Mrs Mason was not ill-pleased to find that she was
to breakfast by herself; the rest of the family,
having long ago finished their morning repast, were
now engaged in the several occupations of the day.
The kail-pot was already on the fire to make broth
for dinner, and Mrs MacClarty busied in preparing
the vegetables which were to be boiled in it. When
her guest, on hearing her desire Grizzel to make
haste, and sit down to her wheel, thought it time to
remind her, that her bed was still to make, and her
room to be put in order; and that Grizzel's
assistance would be necessary for both.
It was not easy to persuade the good woman that it
would not be time enough in the dusk of the evening;
but as Mrs Mason declared it essential to her
comfort, Grizzy was ordered to attend her, and to do
whatever she desired. By her directions, the stout
girl fell to work, and hoisted out the bed and
bed-clothes, which she carried to the barn-yard; the
only place about the house where there was a spot of
green grass. The check curtains followed, and in
their removal effected the sudden ruin of many a
goodly cobweb, which had never before met with the
smallest molestation. When the lower valance was
removed, it displayed a scene still more
extraordinary; a hoard of the remains of the old
shoes that had ever been worn by any member of the
family; staves of broken tubs, ends of decayed rope,
and a long etcetera of useless articles, so covered
with blue mould and dust, that it seemed surprising
the very spiders did not quit the colony in disgust.

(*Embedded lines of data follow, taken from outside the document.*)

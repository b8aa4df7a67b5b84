-- ===== src/Redis/Tests.antt =====
-- Runs of the Redis transport: a round that fails, a subscriber that leaves meanwhile, and queues.
use psrpc.Base.{
  remove_first, ℕ, ◌≡◌, refl, true, List, [], ◌∷◌, none, some, Text, text, length, text_comparable,
}
use psrpc.Base.Assoc.{lookup, insert, delete}
use psrpc.Base.Sets.{has, add, copy_into, keep}
use psrpc.Redis.Transport.{
  SubList, Transport, new, appended, subscribe, unsubscribe, unsubscribe_from, without, desired,
  plan, settle, subscribes, unsubscribes, plans, settles, Reach, start, after,
}
use psrpc.Redis.Reconcile.{clean_channel_agrees, round_settles}
use psrpc.Redis.Lists.{dispatch_queue, serve}
use psrpc.Redis.Publish
use psrpc.Redis.Publish.{
  Message, Publisher, PublishQueue, idle_publisher, enqueue, wake, take_all, at_bucket, bucket,
  publish, publishes, wakes, takes, on_channel, channel_in_order,
}

abbrev orders : Text
orders = text "orders"

abbrev one : Transport
one = subscribe new orders 1 true

abbrev two : Transport
two = subscribe one orders 2 true

two-Reach : Reach two
two-Reach = after (after start (subscribes orders 1 true)) (subscribes orders 2 true)

abbrev asked : List Text
asked = orders ∷ []

-- While Redis subscribes, both subscribers leave.
abbrev gone : Transport
gone = unsubscribe (unsubscribe (plan two) orders true 1) orders true 2

-- The subscription succeeds, and a second round undoes it.
abbrev undone : Transport
undone = settle (plan (settle gone asked [] true true)) [] asked true true

undone-Reach : Reach undone
unfolding settle plan unsubscribe unsubscribe_from without remove_first subscribe appended new
    desired lookup insert delete add has keep copy_into
undone-Reach =
    after
      (after
        (after
          (after (after (after two-Reach (plans refl)) (unsubscribes orders true 1))
            (unsubscribes orders true 2))
          (settles asked [] true true refl))
        (plans refl))
      (settles [] asked true true refl)

clean_channel_agrees_example : has undone.current_channels orders ≡ desired undone orders
clean_channel_agrees_example =
    clean_channel_agrees undone orders undone-Reach (unfold settle in refl) (
      unfold settle plan unsubscribe unsubscribe_from without remove_first subscribe appended new
        desired lookup insert delete add has keep copy_into in
      refl)

round_settles_example :
    (s : List Text) × (u : List Text) × ((plan two).flight ≡ some (s, u))
    × ((settle (plan two) s u true true).dirty_channels ≡ [])
    × ((settle (plan two) s u true true).flight ≡ none)
    × (has (settle (plan two) s u true true).current_channels orders ≡ desired two orders)
round_settles_example =
    round_settles two orders two-Reach (unfold subscribe appended new lookup insert add has in refl)

abbrev three : SubList
three = record { subs = 7 ∷ 8 ∷ 9 ∷ []; next = 2 }

serve_run : serve 4 three ≡ some (9 ∷ 7 ∷ 8 ∷ 9 ∷ [])
unfolding serve dispatch_queue
serve_run = refl

abbrev pair : SubList
pair = record { subs = 1 ∷ 2 ∷ []; next = 0 }

abbrev first : Message
first = record { channel = orders; payload = text "1" }

abbrev second : Message
second = record { channel = orders; payload = text "2" }

abbrev sum_hash : Text → ℕ
sum_hash t = length t

-- Two messages; the second arrives after the worker has woken and before it takes the first.
abbrev flushed : Publisher
flushed = at_bucket 6 take_all (
    at_bucket 6 wake (
      at_bucket 6 take_all
        (publish sum_hash (at_bucket 6 wake (publish sum_hash idle_publisher first)) second)))

flushed-Reach : Publish.Reach sum_hash flushed
unfolding at_bucket wake take_all publish enqueue bucket idle_publisher
flushed-Reach =
    Publish.after
      (Publish.after
        (Publish.after
          (Publish.after
            (Publish.after (Publish.after Publish.start (publishes first)) (wakes 6 refl))
            (publishes second))
          (takes 6 refl))
        (wakes 6 refl))
      (takes 6 refl)

channel_in_order_example :
    on_channel orders (flushed.queue (bucket sum_hash orders)).sent
    ≡ on_channel orders flushed.published
channel_in_order_example =
    channel_in_order sum_hash orders flushed flushed-Reach
      (unfold at_bucket wake take_all publish enqueue bucket idle_publisher in refl)
      (unfold at_bucket wake take_all publish enqueue bucket idle_publisher in refl)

Mrs Mason sickened at the sight. Perceiving what an
unpleasant task she should be obliged to impose on
her assistant, she deemed herself in justice bound
to recompense her for the trouble; and, holding up a
half-crown piece, told her, that if she performed
all she required of her on the present occasion, it
should be her own. No sooner was Grizzy made certain
of the reward, which had till now been promised in
indefinite terms, than she began in such good
earnest, that Mrs Mason was glad to get out of the
room. After three large buckets full of dirt and
trumpery had been carried out, she came to Mrs Mason
for fresh instructions. She then proceeded to wash
the bedposts with soap and water, after which, the
chairs, the tables, the clock-case, the very walls
of the room, as well as everything it contained, all
underwent a complete cleaning.
The window, in which were nine tolerably large panes
of glass, was no sooner rendered transparent, than
Grizzy cried out in ecstasy, 'that she couldna' have
thought it would have made sic a change. Dear me !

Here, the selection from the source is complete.